Xue-Ru Wu, MD

Diseases involving the urinary bladder are of major clinical and social concerns. Bladder cancer is the fifth most common neoplasm and the twelfth leading cause of cancer deaths in the United States. Urinary tract infections are one of most common infectious diseases, accounting for 8-10 million physician''s visits annually. Together, these two diseases cost over 5 billion health care dollars in the clinical management. Despite extensive studies, little is known about the pathogenesis of these bladder disorders.

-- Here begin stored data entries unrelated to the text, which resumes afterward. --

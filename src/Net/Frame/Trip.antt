-- ===== src/Net/Frame/Trip.antt =====
-- What comes out of `recv_task` for what `SendData` put in.
use nest_disk.Base.{
  ℕ, zero, suc, ◌-◌, ◌^◌, ◌<◌, ◌≡◌, refl, sym, ap, ◌∙◌, Text, List, [], ◌∷◌, ◌++◌, length, take,
  drop, arith, length-append, take-append_exact, drop-append_exact,
}
use mathlib.Core.List.{append-nil, append_assoc}
use nest_disk.Net.Frame.{le_bytes, from_le, send_data, delivered, recv_loop, recv_task}

-- Every call returned something.
abbrev pub AllNonempty : List Text → Type 0
AllNonempty [] = Unit {0}
AllNonempty ([] ∷ ts) = ⊥
AllNonempty ((b ∷ bs) ∷ ts) = AllNonempty ts

abbrev pub join : List Text → Text
join [] = []
join (t ∷ ts) = t ++ join ts

pub from_le-le_bytes : (n : ℕ) → n < 2 ^ 32 → from_le (le_bytes n) ≡ n
unfolding from_le le_bytes
from_le-le_bytes n h = omega arith

-- The loop stores what the calls return, until the size is reached.
recv_loop-join :
    (n : ℕ) (buf : Text) (parts rest : List Text)
    → AllNonempty parts
    → n ≡ length (join parts)
    → recv_loop n buf (parts ++ rest) ≡ delivered (buf ++ join parts) rest
unfolding recv_loop
recv_loop-join zero buf [] rest a e = ap (λ (t : Text). delivered t rest) (sym (append-nil buf))
recv_loop-join (suc n) buf [] rest a e = absurd (omega arith)
recv_loop-join n buf ([] ∷ parts) rest a e = absurd a
recv_loop-join zero buf ((b ∷ bs) ∷ parts) rest a e = absurd (omega arith)
recv_loop-join (suc n) buf ((b ∷ bs) ∷ parts) rest a e =
    recv_loop-join (suc n - length (b ∷ bs)) (buf ++ (b ∷ bs)) parts rest a
      (omega (arith, length-append (b ∷ bs) (join parts)))
    ∙ ap (λ (t : Text). delivered t rest) (append_assoc buf (b ∷ bs) (join parts))

-- A connection that breaks inside a packet.
recv_loop_broken :
    (n : ℕ) (buf : Text) (parts rest : List Text)
    → AllNonempty parts
    → length (join parts) < n
    → recv_loop n buf (parts ++ ([] ∷ rest)) ≡ delivered (buf ++ join parts) rest
unfolding recv_loop
recv_loop_broken zero buf parts rest a h = absurd (omega arith)
recv_loop_broken (suc n) buf [] rest a h =
    ap (λ (t : Text). delivered t rest) (sym (append-nil buf))
recv_loop_broken (suc n) buf ([] ∷ parts) rest a h = absurd a
recv_loop_broken (suc n) buf ((b ∷ bs) ∷ parts) rest a h =
    recv_loop_broken (suc n - length (b ∷ bs)) (buf ++ (b ∷ bs)) parts rest a
      (omega (arith, length-append (b ∷ bs) (join parts)))
    ∙ ap (λ (t : Text). delivered t rest) (append_assoc buf (b ∷ bs) (join parts))

recv_task_header :
    (n : ℕ) (results : List Text)
    → n < 2 ^ 31
    → recv_task (le_bytes n ∷ results) ≡ recv_loop n [] results
unfolding recv_task le_bytes
recv_task_header n results h = ground (arith, from_le-le_bytes n)

pub length-le_bytes : (n : ℕ) → length (le_bytes n) ≡ 4
unfolding le_bytes
length-le_bytes n = refl

take_all : (n : ℕ) (t : Text) → n ≡ length t → take n t ≡ t
take_all n t e = ap (take n) (sym (append-nil t)) ∙ take-append_exact n t [] e

-- A packet of fewer than 2 ^ 31 bytes that `SendData` frames is delivered by `recv_task`, whole and
-- unchanged, however the bytes behind the header are cut into calls that each return something; the
-- calls that follow are left for the next task.
pub recv_task-send_data :
    (payload header : Text) (parts rest : List Text)
    → length payload < 2 ^ 31
    → length header ≡ 4
    → AllNonempty parts
    → header ++ join parts ≡ send_data payload (length payload)
    → recv_task (header ∷ (parts ++ rest)) ≡ delivered payload rest
unfolding send_data
recv_task-send_data payload header parts rest small four a e =
    rw (at_header, recv_task_header (length payload) (parts ++ rest) small)
      (recv_loop-join (length payload) [] parts rest a (ap length (sym at_parts))
        ∙ ap (λ (t : Text). delivered t rest) at_parts)
  where
    at_header : header ≡ le_bytes (length payload)
    at_header =
        sym (take-append_exact 4 header (join parts) (sym four))
        ∙ ap (take 4) e
        ∙ take-append_exact 4 (le_bytes (length payload)) _ (sym (length-le_bytes (length payload)))

    at_parts : join parts ≡ payload
    at_parts =
        sym (drop-append_exact 4 header (join parts) (sym four))
        ∙ ap (drop 4) e
        ∙ drop-append_exact 4 (le_bytes (length payload)) _ (sym (length-le_bytes (length payload)))
        ∙ take_all (length payload) payload refl

-- When the connection breaks inside a packet of fewer than 2 ^ 31 bytes, the bytes that came so far
-- are delivered as if they were the packet.
pub recv_task_truncated :
    (n : ℕ) (parts rest : List Text)
    → n < 2 ^ 31
    → AllNonempty parts
    → length (join parts) < n
    → recv_task (le_bytes n ∷ (parts ++ ([] ∷ rest))) ≡ delivered (join parts) rest
recv_task_truncated n parts rest small a h =
    recv_task_header n (parts ++ ([] ∷ rest)) small ∙ recv_loop_broken n [] parts rest a h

Our approach to better understand the molecular pathogenesis of bladder diseases is to utilize a group of bladder-specific markers?the uroplakins?that we have recently identified. These proteins, naturally forming two-dimensional crystals, are synthesized by all mammalian bladders studied, represent the major differentiation products of the normal bladder epithelium and are retained by a majority of the human bladder cancers. They are therefore excellent lineage-specific markers for bladder epithelium and for differentiating bladder cancers from cancers from other tissue origins. In addition, we have found that two of the uroplakins, uroplakins Ia and Ib, can serve as the major urothelial receptors for type 1-fimbriated E. coli, which cause more than 85% of the urinary tract infections. The preferential binding between a sub-population of E. coli that are predominant in urinary tract infection and uroplakins provides a molecular explanation for the recently recognized tissue tropism of uropathogenic E. coli. To study the bladder tumorigenesis, we have developed transgenic mouse models by specifically expressing activated oncogenes and mutated tumor suppressor genes in bladder epithelium. Mice harboring simian virus 40 large T oncogene, whose protein product inactivates p53 and retinoblastoma tumor suppressor protein, induced carcinoma in situ which progresses to invasive and metastatic transitional cell carcinomas. Mice harboring an activated H-ras induced bladder epithelial hyperplasia which progresses to superficial papillary tumors. These transgenic models provide strong experimental evidence that bladder cancers develop and progress via two distinctive pathways each of which is caused by unique genetic defects. Ongoing research efforts include the development of novel transgenic and knockout models, and the identification of molecular signatures of cancer progression through high-throughput screening, biochemical and cell biologic approaches.